A couple of weeks ago, I was looking at a standardized test and came across the following “tracing” problem:

*Which of the drawings below can you completely trace without lifting your pencil or retracing a previously traced part? *

When I was a teenager, I had seen similar questions to this one, but was always frustrated that I couldn’t figure out a way to solve them except by trial and error. Twenty years later, thanks to being exposed to different areas of mathematics as a tutor, I instantly saw a systematic way to answer them. Try solving the test question on your own first before reading my approach below.

Give up?

We can solve this problem by transforming the drawings into **graphs**. To do this, draw a dot where the lines of a drawing intersect. These are the **vertices** of your graph. The lines that connect vertices are **edges**.

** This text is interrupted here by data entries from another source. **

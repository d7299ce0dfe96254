-- ===== src/P2p/Requests.antt =====
-- The requests of `_p2p_ops` and `_batched_p2p_ops`, when the ranks of the neighbours are known.
use megatron_lm.Prelude.{
  inr, inl, refl, Bool-cases, ◌⊎◌, false, true, ◌%◌, ◌==◌, ◌++◌, some, ◌≡◌, ok, none, [], List, ℕ,
  Option, ◌∷◌,
}
use megatron_lm.P2p.{
  in_order, batched_ops, irecv, p2p_requests, get_pipeline_model_parallel_next_rank, isend, Buffer,
  Message, get_pipeline_model_parallel_prev_rank, Op, Stage, send, recv,
}

module _ {T : Type 0} where
  abbrev pub sends : Option (Message T) → ℕ → List (Op T)
  sends none rank = []
  sends (some message) rank = isend message rank ∷ []

  abbrev pub recvs : Option Buffer → ℕ → List (Op T)
  recvs none rank = []
  recvs (some buffer) rank = irecv buffer rank ∷ []

  pub send-ok : (m : Option (Message T)) (rank : ℕ) → send m (ok rank) ≡ ok (sends m rank)
  unfolding send
  send-ok none rank = refl
  send-ok (some m) rank = refl

  pub recv-ok : (b : Option Buffer) (rank : ℕ) → recv b (ok rank) ≡ ok (recvs b rank)
  unfolding recv
  recv-ok none rank = refl
  recv-ok (some m) rank = refl

  module _ (stage : Stage) (p q : ℕ) (before : get_pipeline_model_parallel_prev_rank stage ≡ ok p)
      (after : get_pipeline_model_parallel_next_rank stage ≡ ok q) (send_prev : Option (Message T))
      (recv_prev : Option Buffer) (send_next : Option (Message T)) (recv_next : Option Buffer) where
    pub batched_ops-ok :
        batched_ops stage send_prev recv_prev send_next recv_next
        ≡ ok (sends send_prev p ++ (recvs recv_prev p ++ (sends send_next q ++ recvs recv_next q)))
    unfolding batched_ops in_order
    batched_ops-ok =
        rw
          (
            before,
            after,
            send-ok send_prev p,
            recv-ok recv_prev p,
            send-ok send_next q,
            recv-ok recv_next q,
          )
          refl

    pub p2p_requests-even :
        (stage.rank % 2 == 0) ≡ true
        → p2p_requests stage send_prev recv_prev send_next recv_next
          ≡ ok
              (sends send_next q ++ (recvs recv_prev p ++ (sends send_prev p ++ recvs recv_next q)))
    unfolding p2p_requests in_order
    p2p_requests-even even =
        rw
          (
            even,
            before,
            after,
            send-ok send_prev p,
            recv-ok recv_prev p,
            send-ok send_next q,
            recv-ok recv_next q,
          )
          refl

    pub p2p_requests-odd :
        (stage.rank % 2 == 0) ≡ false
        → p2p_requests stage send_prev recv_prev send_next recv_next
          ≡ ok
              (recvs recv_prev p ++ (sends send_next q ++ (recvs recv_next q ++ sends send_prev p)))
    unfolding p2p_requests in_order
    p2p_requests-odd odd =
        rw
          (
            odd,
            before,
            after,
            send-ok send_prev p,
            recv-ok recv_prev p,
            send-ok send_next q,
            recv-ok recv_next q,
          )
          refl

    pub requests-total :
        (ops : List (Op T)) × (p2p_requests stage send_prev recv_prev send_next recv_next ≡ ok ops)
        × ((ops
              ≡ sends send_next q
                ++ (recvs recv_prev p ++ (sends send_prev p ++ recvs recv_next q)))
            ⊎ (ops
                ≡ recvs recv_prev p
                  ++ (sends send_next q ++ (recvs recv_next q ++ sends send_prev p))))
    requests-total = elim (Bool-cases (stage.rank % 2 == 0)) [
      | inl even ↦ (
        sends send_next q ++ (recvs recv_prev p ++ (sends send_prev p ++ recvs recv_next q)),
        p2p_requests-even even,
        inl refl,
      )
      | inr odd ↦ (
        recvs recv_prev p ++ (sends send_next q ++ (recvs recv_next q ++ sends send_prev p)),
        p2p_requests-odd odd,
        inr refl,
      )
    ]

Now, we need this man, or, namely, what he discovered:

Euler was able to prove the following:^{*}

*On graphs where a path from one vertex can be made to any other, it is possible to traverse all the graph’s edges only once if and only if the path starts and finishes at vertices with an odd number of edges coming from them and all the other vertices have an even number of edges coming from them.*

The above is what is known as an **Euler path**. To see how it works, let’s look at the graphs below. The necessary two vertices with an odd number of edges coming from them have been coloured blue. I have also drawn in (rather badly) red arrows to indicate a path which can be taken to go through all the edges starting at one blue vertex and ending at the other.

Thus, here are some Euler paths for graphs A, B and D.

A: *abcbcd*

B: *abcfedacd*

D: *bedcbace*

As you can see, if you were to follow these paths with your pencil, you would never have to lift it nor retrace an edge.

Okay, but what about graphs C and E? Well, a close look at graph E look will show that both blue vertices have an even number of edges protruding from them. So, an Euler path is not possible. No, but an **Euler circuit** is:

*On graphs where a path from one vertex can be made to any other, it is possible to start and end at the same vertex and traverse all the graph’s edges only once if and only if all the graph’s vertices have an even number of edges coming from them.*

And this is exactly case with graph E. A possible Euler circuit then is *abcdedba*. And, since there are four other vertices who are even, there are at least four other possible circuits we can make.^{†}

This leaves graph C. Looking at its vertices we notice two things: one, not all the vertices have an even number of edges coming from them, and two, there are more than two vertices with an odd number of edges sticking out: c, d, e, and f. The first observation excludes the possibility of an Euler circuit; the second, an Euler path. Consequently, it’s not possible to go over all the edges of graph C without lifting your pencil or retracing an edge. If you can, please let me know and I’ll heartily eat my shoe!^{‡}

_{*Leonhard Euler contributed a lot to mathematics. One of the fun things I have learned about him was that he was able to figure out that 4,294,967,297, which Pierre de Fermat had conjectured was prime, was actually a composite number, i.e. 641*6,700,417. Impressive enough, but even more so since Euler supposedly figured this out in his head. (Stewart, Redlin, Saleem Watson. Algebra and Trigonometry, Third Edition. Brooks/Cole, 2012. p. 92).
† I think there are just four other circuits in this case, but I haven’t checked, so I could be mistaken.
‡ I’m not as honourable as Werner Herzog, so I’ll pass on eating my shoe. I will, however, feel quite embarrassed and guilty about my answer. The mistakes I fear most are those borne from overconfidence, thinking I know what I’m doing when really I don’t.}